In Kürze
Konfliktmanagement bezeichnet den strukturierten Umgang mit betrieblichen Konflikten zwischen Beschäftigten oder Organisationseinheiten. Es umfasst Verfahren zur Prävention, Steuerung und Lösung arbeitsbezogener Auseinandersetzungen.
Definition
Konfliktmanagement ist ein arbeitsrechtliches Instrument zur systematischen Steuerung, Bearbeitung und Prävention von Konflikten im betrieblichen Kontext. Erfasst werden sachliche, zwischenmenschliche oder strukturelle Auseinandersetzungen zwischen Beschäftigten, Führungskräften oder Organisationseinheiten.

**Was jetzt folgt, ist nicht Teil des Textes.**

-- ===== src/Forms/Parser.antt =====
-- The parser of src/github.com/latacora/formaldehyd/parse.go: its methods from `page` to `document`, and
-- `Parse`. Each loop has the fuel that is given.
pub mod Steps
pub mod Moves
pub mod Loops
pub mod Fields
pub mod Total
pub mod Returns
use formaldehyde.Prelude.{
  ℕ, zero, suc, ◌+◌, ◌-◌, ◌==◌, Bool, true, false, not, ◌&&◌, ◌||◌, if◌then◌else◌, List, [], ◌∷◌,
  ◌++◌, Option, none, some, length, get_elem?, drop, take, codes, String,
}
use formaldehyde.Prelude.Partial
use formaldehyde.Prelude.Partial.{Partial, done, panic, out_of_fuel}
use formaldehyde.Prelude.Process.{Process, ◌>>=◌, ◌>>◌, return, modify}
use formaldehyde.Forms.Tokens
use formaldehyde.Forms.Tokens.{
  Code, ws, newline, phrase, dash_line, squig_line, plus_minus, slider, o_button, c_button,
  switch_on, switch_off, eof, open_paren, close_paren, open_bracket, close_bracket, star, hash,
  pipe,
}
use formaldehyde.Forms.Nodes
use formaldehyde.Forms.Nodes.{
  Kind, Attr, Node, FormError, nested_pages, no_button_label, button_lines, Lexis, Parser, Parse,
  here, set_kind, set_attr, leave, enter, fail, add_accum, reset_accum, cleansing_fire, next,
  need_next, at, unexpected, add_child, add_accum_child, accum_text, is_newline,
}
use formaldehyde.Forms.Rounds.{while_ok, go_on, stop, on_code, each_token}
use formaldehyde.Forms.Fields.{open_labelled, field}

-- `for p.current.Parent != nil`.
unfoldable pub climb : ℕ → (ℕ → Node) → ℕ → Partial ℕ
climb zero nodes id = out_of_fuel
climb (suc fuel) nodes id = elim (nodes id).parent [ none ↦ done id | some q ↦ climb fuel nodes q ]

module _ {T : Type 0} where
  -- The state that `Parse` makes.
  abbrev pub new_parser : List T → Parser T
  new_parser tokens =
      let root : Node = record {
        kind = Kind.document;
        text = [];
        parent = none;
        children = [];
        line = 0;
        hash = [];
        opt = [];
        attrs = none;
      } in
      record {
        tokens = tokens;
        taken = 0;
        opt_tag = [];
        accum = [];
        current = 0;
        twidth = 0;
        line = 1;
        err = none;
        current_hash = [];
        nodes = λ id. root;
        count = 1;
      }

module _ {T : Type 0} (lx : Lexis T) where
  -- `page`, at a current node of a kind.
  unfoldable pub page_at : Kind → Parse T (Unit {0})
  unfolding open_labelled
  page_at Kind.document = open_labelled lx Kind.page
  page_at Kind.page = leave >> open_labelled lx Kind.page
  page_at _ = fail nested_pages

  unfoldable pub page : Parse T (Unit {0})
  unfolding page_at
  page p = page_at (here p).kind p

  -- The loop of a heading.
  unfoldable pub heading_loop : ℕ → T → Parse T (Unit {0})
  heading_loop zero t p = out_of_fuel
  heading_loop (suc fuel) t p = elim (is_newline (lx.code t)) [
    | true ↦ done (tt, p)
    | false ↦ elim p.err [
      | some e ↦ done (tt, p)
      | none ↦ (add_accum t >> need_next lx >>= heading_loop fuel) p
    ]
  ]

  unfoldable pub end_heading : Parse T (Unit {0})
  end_heading p = elim p.err [ some e ↦ done (tt, p) | none ↦ add_accum_child lx Kind.heading p ]

  unfoldable pub hashtag_token : ℕ → Code → T → Parse T (Unit {0})
  unfolding heading_loop end_heading
  hashtag_token fuel phrase t = modify (λ p. record p { current_hash = lx.token_text (t ∷ []) })
  hashtag_token fuel ws t = heading_loop fuel t >> end_heading
  hashtag_token fuel _ t =
      unexpected lx t "parsing a hashtag" "the alphanumeric characters of a hash tag"

  unfoldable pub hashtag_or_header : ℕ → Parse T (Unit {0})
  unfolding hashtag_token
  hashtag_or_header fuel = need_next lx >>= on_code lx (hashtag_token fuel)

  abbrev pub is_newline_token : Option T → Bool
  is_newline_token none = false
  is_newline_token (some t) = is_newline (lx.code t)

  unfoldable pub text_token : ℕ → Option T → Code → T → Parse T Bool
  text_token fuel prev ws t = go_on (add_accum t)
  text_token fuel prev newline t = go_on (add_accum t)
  text_token fuel prev phrase t = go_on (add_accum t)
  text_token fuel prev hash t =
      if is_newline_token prev
      then stop (add_accum_child lx Kind.text >> hashtag_or_header fuel)
      else go_on (add_accum t)
  text_token fuel prev dash_line t = stop page
  text_token fuel prev open_bracket t = stop (field lx fuel t)
  text_token fuel prev open_paren t = stop (field lx fuel t)
  text_token fuel prev star t = stop (field lx fuel t)
  text_token fuel prev _ t = stop (
      unexpected lx t "parsing a run of text"
        "a page marker, a hash tag, the start of a field, or a drop-down")

  unfoldable pub text : ℕ → T → Parse T (Unit {0})
  unfolding each_token text_token
  text fuel t = each_token lx fuel (λ prev. on_code lx (text_token fuel prev)) none (some t)

  -- The tag stays among the accumulated tokens.
  unfoldable pub opt_token : Code → T → Parse T Bool
  opt_token newline t = stop (modify (λ p. record p { opt_tag = accum_text lx p }))
  opt_token squig_line t = stop (modify (λ p. record p { opt_tag = accum_text lx p }))
  opt_token _ t = go_on (add_accum t)

  unfoldable pub opt : ℕ → Parse T (Unit {0})
  unfolding opt_token
  opt fuel = while_ok fuel (need_next lx >>= on_code lx opt_token)

  -- `)]` after a button.
  unfoldable pub end_button : List T → Parse T Bool
  end_button [] = go_on (fail no_button_label)
  end_button (t ∷ ts) = stop (add_accum_child lx Kind.button)

  unfoldable pub button_token : Code → T → Parse T Bool
  unfolding end_button
  button_token c_button t p = end_button p.accum p
  button_token newline t p = go_on (fail button_lines) p
  button_token _ t p = go_on (add_accum t) p

  unfoldable pub button : ℕ → Parse T (Unit {0})
  unfolding button_token
  button fuel = while_ok fuel (need_next lx >>= on_code lx button_token)

  unfoldable pub document_token : ℕ → Code → T → Parse T (Unit {0})
  document_token fuel ws t = return tt
  document_token fuel newline t = return tt
  document_token fuel phrase t = text fuel t
  document_token fuel o_button t = button fuel
  document_token fuel squig_line t = opt fuel
  document_token fuel hash t = hashtag_or_header fuel
  document_token fuel _ t =
      unexpected lx t "parsing the document" "whitespace, text, a button, or a hash tag"

  unfoldable pub document : ℕ → Parse T (Unit {0})
  unfolding document_token
  document fuel =
      next lx >>= each_token lx fuel (λ prev t. go_on (on_code lx (document_token fuel) t)) none

  -- `Parse` of the tokens: the root and the state at the end, with fuel that is always enough.
  unfoldable pub parse : List T → Partial (ℕ × Parser T)
  unfolding climb
  parse tokens = elim (document (length tokens + 2) (new_parser tokens)) [
    | panic ↦ panic
    | out_of_fuel ↦ out_of_fuel
    | done (_, p) ↦ Partial.◌>>=◌ (climb p.count p.nodes p.current) λ root. done (root, p)
  ]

Voraussetzung ist, dass Konflikte als arbeitsbezogene Störungen mit Auswirkungen auf die Zusammenarbeit eingeordnet sind. Die Anwendung erfolgt durch festgelegte Verfahren, Rollen oder Prozesse innerhalb der betrieblichen Organisation.
Eingesetzt werden interne oder externe Methoden zur Deeskalation, Vermittlung oder strukturellen Klärung. Konfliktmanagement ist funktionsbezogen ausgestaltet und unabhängig von individuellen Schuldzuweisungen oder Bewertungen angelegt.

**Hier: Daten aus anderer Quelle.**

-- ===== src/Forms/Nodes/Tree/Growing.antt =====
-- The tree of nodes of a form grows by a node below the current one.
use formaldehyde.Prelude.{
  ℕ, ◌+◌, ◌==◌, ◌<◌, ◌≡◌, sym, ap, ◌∙◌, arith, true, false, [], ◌∷◌, ◌++◌, none, some, update,
  Bool-cases, inl, inr,
}
use mathlib.Core.Path.{subst}
use formaldehyde.Forms.Nodes.{Kind, Node}
use formaldehyde.Forms.Nodes.Tree.{
  class_of, fits, is_open, HasMap, SameClasses, AllFit-grows, AllFit-last, HasMap-same,
  IsBelow-grows, update_same, eq_of_test, class_at, ParentFits, IsBelow, AllFit, IsTree,
}

-- A new node below the current one.
module _ {nodes : ℕ → Node} {count current : ℕ} (t : IsTree nodes count current) (n : Node)
    (below_current : n.parent ≡ some current)
    (fitting : fits (class_at nodes current) (class_of n.kind) ≡ true)
    (no_children : n.children ≡ []) (map : HasMap n.attrs) where
  abbrev pub own : Node
  own = record (nodes current) { children = (nodes current).children ++ count ∷ [] }

  abbrev pub added : ℕ → Node
  added = update (update nodes current own) count n

  pub added-SameClasses : SameClasses count nodes added
  added-SameClasses id l = ground arith

  added-parent : (id : ℕ) → id < count → (added id).parent ≡ (nodes id).parent
  added-parent id l = ground arith

  added-attrs : (id : ℕ) → id < count → (added id).attrs ≡ (nodes id).attrs
  added-attrs id l = ground arith

  pub added-kind : (id : ℕ) → id < count → (added id).kind ≡ (nodes id).kind
  added-kind id l = ground arith

  pub added-new : added count ≡ n
  added-new = update_same (update nodes current own) count n

  new-fits : fits (class_at added current) (class_at added count) ≡ true
  new-fits =
      rw (added-SameClasses current t.in_use, ap (λ (m : Node). class_of m.kind) added-new) fitting

  new-below : ParentFits added count n.parent × HasMap n.attrs
  new-below = (subst (ParentFits added count) (sym below_current) (t.in_use, new-fits), map)

  old-AllFit :
      (id : ℕ) → id < count → AllFit added (count + 1) (class_at nodes id) (nodes id).children
  old-AllFit id l =
      AllFit-grows nodes added count (count + 1) (class_at nodes id) (nodes id).children
        added-SameClasses (omega arith) (t.children_fit id l)

  added-below : (id : ℕ) → 0 < id → id < count + 1 → IsBelow added id
  added-below id p l = elim (Bool-cases (id == count)) [
    | inl e ↦ let same = eq_of_test id count e in rw (same, added-new) new-below
    | inr e ↦
        let old : id < count = ground (arith, e, l) in
        IsBelow-grows nodes added count id added-SameClasses old (added-parent id old)
          (HasMap-same (nodes id).attrs (added id).attrs (sym (added-attrs id old))
            (t.below id p old).1)
          (t.below id p old)
  ]

  added-children :
      (id : ℕ) → id < count → (id == current) ≡ false → (added id).children ≡ (nodes id).children
  added-children id l e = ground arith

  added-children_own : (added current).children ≡ (nodes current).children ++ count ∷ []
  added-children_own = ground (arith, t.in_use)

  new-AllFit : AllFit added (count + 1) (class_at nodes current) (added current).children
  new-AllFit = subst (AllFit added (count + 1) (class_at nodes current)) (sym added-children_own) (
      AllFit-last added (count + 1) (class_at nodes current) (nodes current).children count
        (old-AllFit current t.in_use) (omega arith)
        (ap (λ (m : Node). fits (class_at nodes current) (class_of m.kind)) added-new ∙ fitting))

  added-AllFit_old :
      (id : ℕ) → id < count → AllFit added (count + 1) (class_at nodes id) (added id).children
  added-AllFit_old id l = elim (Bool-cases (id == current)) [
    | inl e ↦ rw (eq_of_test id current e) new-AllFit
    | inr e ↦
        subst (AllFit added (count + 1) (class_at nodes id)) (sym (added-children id l e))
          (old-AllFit id l)
  ]

  added-AllFit :
      (id : ℕ) → id < count + 1 → AllFit added (count + 1) (class_at added id) (added id).children
  added-AllFit id l = elim (Bool-cases (id == count)) [
    | inl e ↦ rw (eq_of_test id count e, added-new, no_children) tt
    | inr e ↦
        let old : id < count = ground (arith, e, l) in
        subst (λ c. AllFit added (count + 1) c (added id).children) (sym (added-SameClasses id old))
          (added-AllFit_old id old)
  ]

  added-top : (added 0).kind ≡ Kind.document
  added-top = added-kind 0 (omega (arith, t.in_use)) ∙ t.top

  added-top_parent : (added 0).parent ≡ none
  added-top_parent = added-parent 0 (omega (arith, t.in_use)) ∙ t.top_parent

  added-open_new : is_open (added count).kind ≡ is_open n.kind
  added-open_new = ap (λ (m : Node). is_open m.kind) added-new

  added-open :
      (id : ℕ)
      → id < count + 1
      → (id == count) ≡ false
      → is_open (added id).kind ≡ true
      → id ≡ current
  added-open id l e o =
      let old : id < count = ground (arith, e, l) in
      t.one_open id old (sym (ap is_open (added-kind id old)) ∙ o)

  -- The current node stays, if the new one is of a known kind.
  pub add-IsTree : is_open n.kind ≡ false → IsTree added (count + 1) current
  add-IsTree known = record {
    in_use = omega (arith, t.in_use);
    top = added-top;
    top_parent = added-top_parent;
    below = added-below;
    children_fit = added-AllFit;
    one_open = λ id l o. elim (Bool-cases (id == count)) [
      | inl e ↦ cc (ap (λ (i : ℕ). is_open (added i).kind) (eq_of_test id count e), added-open_new)
      | inr e ↦ added-open id l e o
    ];
  }

  -- The new node is entered, if the current one is of a known kind.
  pub enter-IsTree : is_open (nodes current).kind ≡ false → IsTree added (count + 1) count
  enter-IsTree known = record {
    in_use = omega arith;
    top = added-top;
    top_parent = added-top_parent;
    below = added-below;
    children_fit = added-AllFit;
    one_open = λ id l o. elim (Bool-cases (id == count)) [
      | inl e ↦ eq_of_test id count e
      | inr e ↦
          let same = added-open id l e o in
          cc (ap (λ (i : ℕ). is_open (added i).kind) same, ap is_open (added-kind current t.in_use))
    ];
  }
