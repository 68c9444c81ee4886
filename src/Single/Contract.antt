-- ===== src/Single/Contract.antt =====
-- contracts/proposal/dao-proposal-single/src/contract.rs: the entry points. The handlers and the
-- proofs are in the modules below.
pub mod Vote
pub mod Propose
pub mod Finish
pub mod Admin
use dao_contracts.Prelude.{
  ℕ, String, Option, none, some, List, [], Outcome, ok, err, map_err, ◌>>=◌,
}
use dao_contracts.Cosmwasm.{Addr, BlockInfo, CwUtils}
use dao_contracts.Voting.Votes
use dao_contracts.Voting.Policy.{ProposalCreationPolicy, anyone, module_may}
use dao_contracts.Reply.{
  tagged, failed_proposal_execution, failed_proposal_hook, failed_vote_hook,
  failed_pre_propose_module_hook, pre_propose_module_instantiation,
  failed_pre_propose_module_hook_id, TaggedReplyId,
}
use dao_contracts.Hooks.{remove_hook_by_index}
use dao_contracts.Single.State.{
  State, ContractError, Chain, std_or, tag, hook_error, invalid_reply_id,
}
use dao_contracts.Single.Messages.{SubMsg, PreProposeInfo}
use Vote.{execute_vote, execute_update_rationale}
use Propose.{ProposeMsg, execute_propose}
use Finish.{execute_veto, execute_close, execute_execute, reply_failed_execution}
use Admin.{
  Settings, execute_update_config, execute_update_proposal_creation_policy,
  execute_update_delegation_module, execute_add_proposal_hook, execute_remove_proposal_hook,
  execute_add_vote_hook, execute_remove_vote_hook,
}

pub data ExecuteMsg : Type 0 where
  propose : ProposeMsg → ExecuteMsg
  vote : ℕ → Votes.Vote → Option String → ExecuteMsg
  update_rationale : ℕ → Option String → ExecuteMsg
  execute_proposal close veto : ℕ → ExecuteMsg
  update_config : Settings → Addr → ExecuteMsg
  update_pre_propose_info : PreProposeInfo → ExecuteMsg
  update_delegation_module : Addr → ExecuteMsg
  add_proposal_hook remove_proposal_hook add_vote_hook remove_vote_hook : Addr → ExecuteMsg

-- The case of `reply` for a pre-propose module that failed: from then on anyone may propose.
unfoldable pub drop_module :
    ProposalCreationPolicy → State → Outcome ContractError (State × List SubMsg)
drop_module anyone s = err (invalid_reply_id failed_pre_propose_module_hook_id)
drop_module (module_may addr) s = ok (record s { creation_policy = anyone }, [])

module _ (cw : CwUtils) (chain : Chain) (block : BlockInfo) where
  unfoldable pub execute : Addr → ExecuteMsg → State → Outcome ContractError (State × List SubMsg)
  execute sender (propose msg) = execute_propose cw chain block sender msg
  execute sender (vote id v rationale) = execute_vote cw chain block sender id v rationale
  execute sender (update_rationale id rationale) = execute_update_rationale sender id rationale
  execute sender (execute_proposal id) = execute_execute cw block chain sender id
  execute sender (close id) = execute_close cw block sender id
  execute sender (veto id) = execute_veto cw block sender id
  execute sender (update_config m dao) = execute_update_config chain sender m dao
  execute sender (update_pre_propose_info i) =
      execute_update_proposal_creation_policy chain sender i
  execute sender (update_delegation_module a) = execute_update_delegation_module chain sender a
  execute sender (add_proposal_hook a) = execute_add_proposal_hook chain sender a
  execute sender (remove_proposal_hook a) = execute_remove_proposal_hook chain sender a
  execute sender (add_vote_hook a) = execute_add_vote_hook chain sender a
  execute sender (remove_vote_hook a) = execute_remove_vote_hook chain sender a

  -- `reply` by its tag; `instantiated` is the address in the reply to an instantiation.
  unfoldable pub reply_tagged :
      Addr → TaggedReplyId → State → Outcome ContractError (State × List SubMsg)
  reply_tagged instantiated (failed_proposal_execution id) s = reply_failed_execution id s
  reply_tagged instantiated (failed_proposal_hook index) s = do
    (removed, hooks) ← map_err hook_error (remove_hook_by_index s.proposal_hooks index)
    ok (record s { proposal_hooks = hooks }, [])
  reply_tagged instantiated (failed_vote_hook index) s = do
    (removed, hooks) ← map_err hook_error (remove_hook_by_index s.vote_hooks index)
    ok (record s { vote_hooks = hooks }, [])
  reply_tagged instantiated pre_propose_module_instantiation s = do
    a ← std_or (chain.addr_validate instantiated)
    ok (record s { creation_policy = module_may a }, [])
  reply_tagged instantiated failed_pre_propose_module_hook s = drop_module s.creation_policy s

  unfoldable pub reply : ℕ → Addr → State → Outcome ContractError (State × List SubMsg)
  unfolding reply_tagged
  reply id instantiated s = do
    tagged_id ← map_err tag (tagged id)
    reply_tagged instantiated tagged_id s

Die Maßnahmen können informell oder formalisiert erfolgen, ohne zwingend gerichtliche Verfahren einzubeziehen. Konfliktmanagement begründet keine Verpflichtung zur Durchführung bestimmter Konfliktlösungsverfahren.
Abzugrenzen ist es von:
- arbeitsgerichtlichen Streitverfahren
Es ist auf außergerichtliche Konfliktbearbeitung gerichtet. In der Praxis dient Konfliktmanagement der Sicherung betrieblicher Zusammenarbeit, Arbeitsfähigkeit und organisatorischer Stabilität.